AIB wrote to you and asked you to choose a rate option.  The letter would have said "In the absence of a choice, the mortgage will default to the Standard Variable Rate" 

You did not make a choice, so they charged you the SVR. 

It is very likely that this letter was sent to you and you just ignored it.  A lot of people do.

If you have a letter which was sent to you that says something else, then fine. 

But AIB should have a copy of the letter. It's quite possible that they just have the generic letter that was sent.  But they should provide you with a copy of that as well. 

Wait until you get the redress letter from AIB and see what the appeal/complaint mechanism is. 

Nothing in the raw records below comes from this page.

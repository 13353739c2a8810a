-- ===== src/Transfer/Comm/Weaving.antt =====
-- The rounds of `_interleave_p2p_ops_by_peer`.
use mathlib.Core.Path.{subst}
use mathlib.Core.List.{append-nil}
use awex.Prelude.{
  ℕ, zero, suc, ◌+◌, ◌-◌, ◌≤◌, ◌<◌, ◌≡◌, refl, ap, sym, ◌∙◌, inl, inr, true, false, Option, some,
  List, [], ◌∷◌, ◌++◌, filter-append, All, length, get_elem?, take, ◌==◌, arith, Bool-cases,
  Option-cases, ==→eq, eq→==,
}
use awex.Prelude.Outcome.{ok}
use awex.Transfer.Comm.Rotation.{has_rank, put_progress}
use awex.Transfer.Comm.Turns.{get_elem-none, get_elem-some, put_progress-bounded}
use awex.Transfer.Comm.Build.{DirectedOp}
use awex.Transfer.Comm.Filed.{to_peer, take-next, get_elem-All}
use awex.Transfer.Comm.Interleave.{PeerDict, bucket_of, Weave, weave_at, weave_round, weave}
use awex.Transfer.Comm.Buckets.{Distinct, sum_over, sum_over-ext, member_apart}

module _ (by_peer : PeerDict) (named : (p : ℕ) → All (λ d. d.peer ≡ p) (bucket_of p by_peer)) where
  abbrev pub size : ℕ → ℕ
  size r = length (bucket_of r by_peer)

  -- What is left of the buckets of some peers.
  abbrev pub left_over : (ℕ → ℕ) → List ℕ → ℕ
  left_over progress = sum_over (λ r. size r - progress r)

  pub record Woven (state : Weave) : Type 0 where
    pub taken :
        (r : ℕ) → to_peer r state.interleaved ≡ take (state.progress r) (bucket_of r by_peer)
    pub bounded : (r : ℕ) → state.progress r ≤ size r

  abbrev next_op : ℕ → Weave → Option DirectedOp
  next_op peer state = get_elem? (bucket_of peer by_peer) (state.progress peer)

  weave_at-same :
      (p : ℕ) (state : Weave) (op : DirectedOp)
      → next_op p state ≡ some op
      → to_peer p state.interleaved ≡ take (state.progress p) (bucket_of p by_peer)
      → to_peer p (state.interleaved ++ (op ∷ []))
        ≡ take (put_progress p (state.progress p + 1) state.progress p) (bucket_of p by_peer)
  weave_at-same p state op h taken =
      let peer =
        get_elem-All (λ d. d.peer ≡ p) (bucket_of p by_peer) (state.progress p) (named p) h in
      let t : (op.peer == p) ≡ true = eq→== op.peer p peer in
      let one : to_peer p (op ∷ []) ≡ op ∷ [] = rw t refl in
      filter-append (λ d. d.peer == p) state.interleaved (op ∷ [])
      ∙ ap (λ l. l ++ to_peer p (op ∷ [])) taken
      ∙ ap (λ l. take (state.progress p) (bucket_of p by_peer) ++ l) one
      ∙ rw (eq→== p p refl) (sym (take-next (bucket_of p by_peer) (state.progress p) h))

  weave_at-other :
      (p r : ℕ) (state : Weave) (op : DirectedOp)
      → next_op p state ≡ some op
      → (p == r) ≡ false
      → to_peer r state.interleaved ≡ take (state.progress r) (bucket_of r by_peer)
      → to_peer r (state.interleaved ++ (op ∷ []))
        ≡ take (put_progress p (state.progress p + 1) state.progress r) (bucket_of r by_peer)
  weave_at-other p r state op h other taken =
      let peer =
        get_elem-All (λ d. d.peer ≡ p) (bucket_of p by_peer) (state.progress p) (named p) h in
      let t : (op.peer == r) ≡ false = ap (λ k. k == r) peer ∙ other in
      let nothing : to_peer r (op ∷ []) ≡ [] = rw t refl in
      filter-append (λ d. d.peer == r) state.interleaved (op ∷ [])
      ∙ ap (λ l. to_peer r state.interleaved ++ l) nothing
      ∙ append-nil (to_peer r state.interleaved)
      ∙ rw other taken

  weave_at-Woven :
      (p : ℕ) (state : Weave) (op : DirectedOp)
      → next_op p state ≡ some op
      → Woven state
      → Woven (weave_at p state (some op))
  weave_at-Woven p state op h woven = record {
    taken = λ r. elim (Bool-cases (p == r)) [
      | inl same ↦
          subst
            (λ k.
              to_peer k (state.interleaved ++ (op ∷ []))
              ≡ take (put_progress p (state.progress p + 1) state.progress k) (bucket_of k by_peer))
            (==→eq p r same) (weave_at-same p state op h (woven.taken p))
      | inr other ↦ weave_at-other p r state op h other (woven.taken r)
    ];
    bounded = λ r.
        put_progress-bounded p r state.progress size
          (get_elem-some (bucket_of p by_peer) (state.progress p) h) (woven.bounded r);
  }

  -- A part of a round, where `extra` is what is left of the buckets outside it.
  record Rounded (peers : List ℕ) (extra : ℕ) (before after : Weave) : Type 0 where
    woven : Woven after
    counted : after.remaining ≡ left_over after.progress peers + extra
    outside : (r : ℕ) → has_rank r peers ≡ false → after.progress r ≡ before.progress r
    falls : after.remaining ≤ before.remaining
    falls_more : 0 < left_over before.progress peers → after.remaining < before.remaining

  Rounded-skip :
      (p : ℕ) (peers : List ℕ) (extra : ℕ) (before after : Weave)
      → has_rank p peers ≡ false
      → size p ≤ before.progress p
      → Rounded peers extra before after
      → Rounded (p ∷ peers) extra before after
  Rounded-skip p peers extra before after fresh over r = record {
    woven = r.woven;
    counted = omega (arith, r.counted, r.outside p fresh);
    outside = λ k h. r.outside k (ground arith);
    falls = r.falls;
    falls_more = λ more. r.falls_more (omega arith);
  }

  Rounded-take :
      (p : ℕ) (peers : List ℕ) (extra : ℕ) (before after : Weave) (op : DirectedOp)
      → has_rank p peers ≡ false
      → before.progress p < size p
      → 0 < before.remaining
      → Rounded peers
          (extra + (size p - (before.progress p + 1)))
          (weave_at p before (some op))
          after
      → Rounded (p ∷ peers) extra before after
  Rounded-take p peers extra before after op fresh under more r =
      let here : after.progress p ≡ before.progress p + 1 =
        r.outside p fresh ∙ rw (eq→== p p refl) refl in
      record {
        woven = r.woven;
        counted = omega (arith, r.counted, here);
        outside = λ k h.
            let apart : (p == k) ≡ false = ground arith in
            let rest : has_rank k peers ≡ false = rw apart at h in r.outside k rest ∙ rw apart refl;
        falls = omega (arith, r.falls);
        falls_more = λ _. omega (arith, r.falls);
      }

  weave_round-Rounded :
      (peers : List ℕ) (extra : ℕ) (state : Weave)
      → Distinct peers
      → Woven state
      → state.remaining ≡ left_over state.progress peers + extra
      → Rounded peers extra state (weave_round by_peer peers state)
  weave_round-Rounded [] extra state distinct woven counted = record {
    woven = woven;
    counted = counted;
    outside = λ r h. refl;
    falls = omega arith;
    falls_more = λ more. absurd (omega arith);
  }
  weave_round-Rounded (p ∷ peers) extra state (fresh, distinct) woven counted =
      elim (Option-cases (next_op p state)) [
        | inl at_end ↦
            let over = get_elem-none (bucket_of p by_peer) (state.progress p) at_end in
            rw at_end (
              Rounded-skip p peers extra state (weave_round by_peer peers state) fresh over
                (weave_round-Rounded peers extra state distinct woven (omega arith)))
        | inr (op, e) ↦
            let under = get_elem-some (bucket_of p by_peer) (state.progress p) e in
            let next = weave_at p state (some op) in
            let same =
              sum_over-ext (λ r. size r - next.progress r) (λ r. size r - state.progress r) peers
                (λ r there. rw (member_apart p r peers fresh there) refl) in
            rw e (
              Rounded-take p peers extra state (weave_round by_peer peers next) op fresh under
                (omega arith)
                (weave_round-Rounded peers (extra + (size p - (state.progress p + 1))) next distinct
                  (weave_at-Woven p state op e woven) (omega (arith, same))))
      ]

  module _ (peers : List ℕ) (distinct : Distinct peers) where
    pub weave-ends :
        (fuel : ℕ) (state : Weave)
        → Woven state
        → state.remaining ≡ left_over state.progress peers + 0
        → state.remaining ≤ fuel
        → (last : Weave) × (weave fuel by_peer peers state ≡ ok last.interleaved)
          × Woven last
          × (left_over last.progress peers ≡ 0)
    unfolding weave
    weave-ends zero state woven counted enough =
        let none_left : (state.remaining == 0) ≡ true = eq→== state.remaining 0 (omega arith) in
        (state, rw none_left refl, woven, omega arith)
    weave-ends (suc fuel) state woven counted enough = elim (Bool-cases (state.remaining == 0)) [
      | inl none_left ↦
          (state, rw none_left refl, woven, omega (arith, ==→eq state.remaining 0 none_left))
      | inr more ↦
          let r = weave_round-Rounded peers 0 state distinct woven counted in
          let some_left : 0 < state.remaining = ground arith in
          let (last, e, woven', used) =
            weave-ends fuel (weave_round by_peer peers state) r.woven r.counted
              (omega (arith, r.falls_more (omega arith))) in
          (last, rw (more, e) refl, woven', used)
    ]
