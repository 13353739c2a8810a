-- ===== src/Transfer/Comm/Interleaved.antt =====
-- What `_interleave_p2p_ops_by_peer` returns.
use mathlib.Core.Path.{subst}
use awex.Prelude.{
  ℕ, ◌+◌, ◌-◌, ◌≤◌, ◌≡◌, refl, ap, sym, ◌∙◌, inl, inr, true, false, List, [], ◌∷◌, All, length,
  take, leb, ◌==◌, arith, Bool-cases, ==→eq,
}
use awex.Prelude.Outcome.{ok}
use awex.Prelude.Sort.{sort}
use awex.Transfer.Comm.Rotation.{has_rank}
use awex.Transfer.Comm.Turns.{has_rank-sort}
use awex.Transfer.Comm.Build.{DirectedOp}
use awex.Transfer.Comm.Filed.{to_peer, take-length}
use awex.Transfer.Comm.Interleave.{
  PeerDict, group_by_peer, bucket_of, bucket_keys, bucket_total, interleave_p2p_ops_by_peer,
}
use awex.Transfer.Comm.Buckets.{
  group_by_peer-to_peer, group_by_peer-Distinct, sort-Distinct, sum_over, sum_over-sort,
  sum_over-ext, bucket_total-sum_over,
}
use awex.Transfer.Comm.Weaving.{weave-ends}

sum_over-zero :
    (f : ℕ → ℕ) (ps : List ℕ) (r : ℕ) → sum_over f ps ≡ 0 → has_rank r ps ≡ true → f r ≡ 0
sum_over-zero f [] r h there = cc
sum_over-zero f (p ∷ ps) r h there = elim (Bool-cases (p == r)) [
  | inl same ↦ let e : f p ≡ f r = ap f (==→eq p r same) in omega arith
  | inr other ↦ sum_over-zero f ps r (omega arith) (rw other at there)
]

bucket_of-missing :
    (by_peer : PeerDict) (r : ℕ)
    → has_rank r (bucket_keys by_peer) ≡ false
    → length (bucket_of r by_peer) ≤ 0
bucket_of-missing [] r h = omega arith
bucket_of-missing ((k, ops) ∷ rest) r h = elim (Bool-cases (k == r)) [
  | inl same ↦ absurd (ground (arith, rw same at h))
  | inr other ↦ rw other (bucket_of-missing rest r (rw other at h))
]

pub to_peer-All : (p : ℕ) (ops : List DirectedOp) → All (λ d. d.peer ≡ p) (to_peer p ops)
to_peer-All p [] = tt
to_peer-All p (op ∷ ops) = elim (Bool-cases (op.peer == p)) [
  | inl same ↦ rw same (==→eq op.peer p same, to_peer-All p ops)
  | inr other ↦ rw other (to_peer-All p ops)
]

-- The interleaving ends, and to every peer it has the operations of the input, each once and in
-- their order.
pub interleave_p2p_ops_by_peer-to_peer :
    (ops : List DirectedOp)
    → (interleaved : List DirectedOp) × (interleave_p2p_ops_by_peer ops ≡ ok interleaved)
      × ((r : ℕ) → to_peer r interleaved ≡ to_peer r ops)
unfolding interleave_p2p_ops_by_peer
interleave_p2p_ops_by_peer-to_peer ops =
    let by_peer = group_by_peer [] ops in
    let keys = bucket_keys by_peer in
    let distinct = group_by_peer-Distinct [] ops tt in
    let named = λ (p : ℕ).
      subst (All (λ d. d.peer ≡ p)) (sym (group_by_peer-to_peer p ops)) (to_peer-All p ops) in
    let total = bucket_total by_peer in
    let count = λ (r : ℕ). length (bucket_of r by_peer) in
    let whole = sum_over-ext (λ r. count r - 0) count (sort leb keys) (λ r there. omega arith) in
    let counted : total ≡ sum_over (λ r. count r - 0) (sort leb keys) + 0 =
      omega (arith, whole, bucket_total-sum_over by_peer distinct, sum_over-sort count keys) in
    let (last, e, woven, used) =
      weave-ends by_peer named (sort leb keys) (sort-Distinct keys distinct) total
        (record { progress = λ _. 0; remaining = total; interleaved = [] })
        (record { taken = λ r. refl; bounded = λ r. omega arith }) counted (omega arith) in
    (
      last.interleaved,
      e,
      λ r.
          let all : last.progress r ≡ count r = elim (Bool-cases (has_rank r keys)) [
            | inl there ↦
                let z =
                  sum_over-zero (λ k. count k - last.progress k) (sort leb keys) r used
                    (has_rank-sort r keys ∙ there) in
                omega (arith, woven.bounded r)
            | inr missing ↦ omega (arith, woven.bounded r, bucket_of-missing by_peer r missing)
          ] in
          woven.taken r
          ∙ ap (λ k. take k (bucket_of r by_peer)) all
          ∙ take-length (bucket_of r by_peer)
          ∙ group_by_peer-to_peer r ops,
    )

This is the relevant clause in your contract 
*3.2    FURTHER FIXED INTEREST RATE OPTIONS/CHOICE*

At the end of any fixed interest rate period, the Customer may choose between: (a) a further fixed interest rate period, or

(b)    conversion to a variable interest rate Mortgage Loan, or

(c)      conversion to a tracker interest rate Mortgage Loan,

at the Bank's then prevailing rates appropriate to the Mortgage Loan. If the Customer does not exercise this choice, then the Mortgage Loan will automatically convert to a* variable interest rate Mortgage Loan.*

I would claim that to mean the rate appropriate to your LTV and not automatically the SVR. 

Brendan


----------



## David_Dublin (9 Jul 2020)

Brendan Burgess said:


> Did the Appeals Panel rule on your appeal?   Did they refer to this aspect of it?
> 
> So you had a fixed rate mortgage which expired in 2011.
> 
> ...



Thanks for the reply Brendan.

BDO ruled on it, they said "it defaulted to the *standard variable rate*....as [we] had not selected a rate at the end of their fixed rate period....in accordance with the Letter of Offer", and goes on to say "The Customers were not entitled to automatically convert to a LTV Variable rate product".

As you point out, the letter of offer doesn't say it reverts to the *standard variable rate*, it states: "at the Bank's then prevailing rates *appropriate* to the Mortgage Loan".

I've no record of them offering the LTV options, and neither AIB nor BDO provided a copy of this. I'll ring and ask for a copy of the letter. If they sent a letter and it included an LTV Variable Rate, then there is more a case for mea culpa. Even still, your point remains valid: "I would claim that to mean the rate appropriate to your LTV and not automatically the SVR."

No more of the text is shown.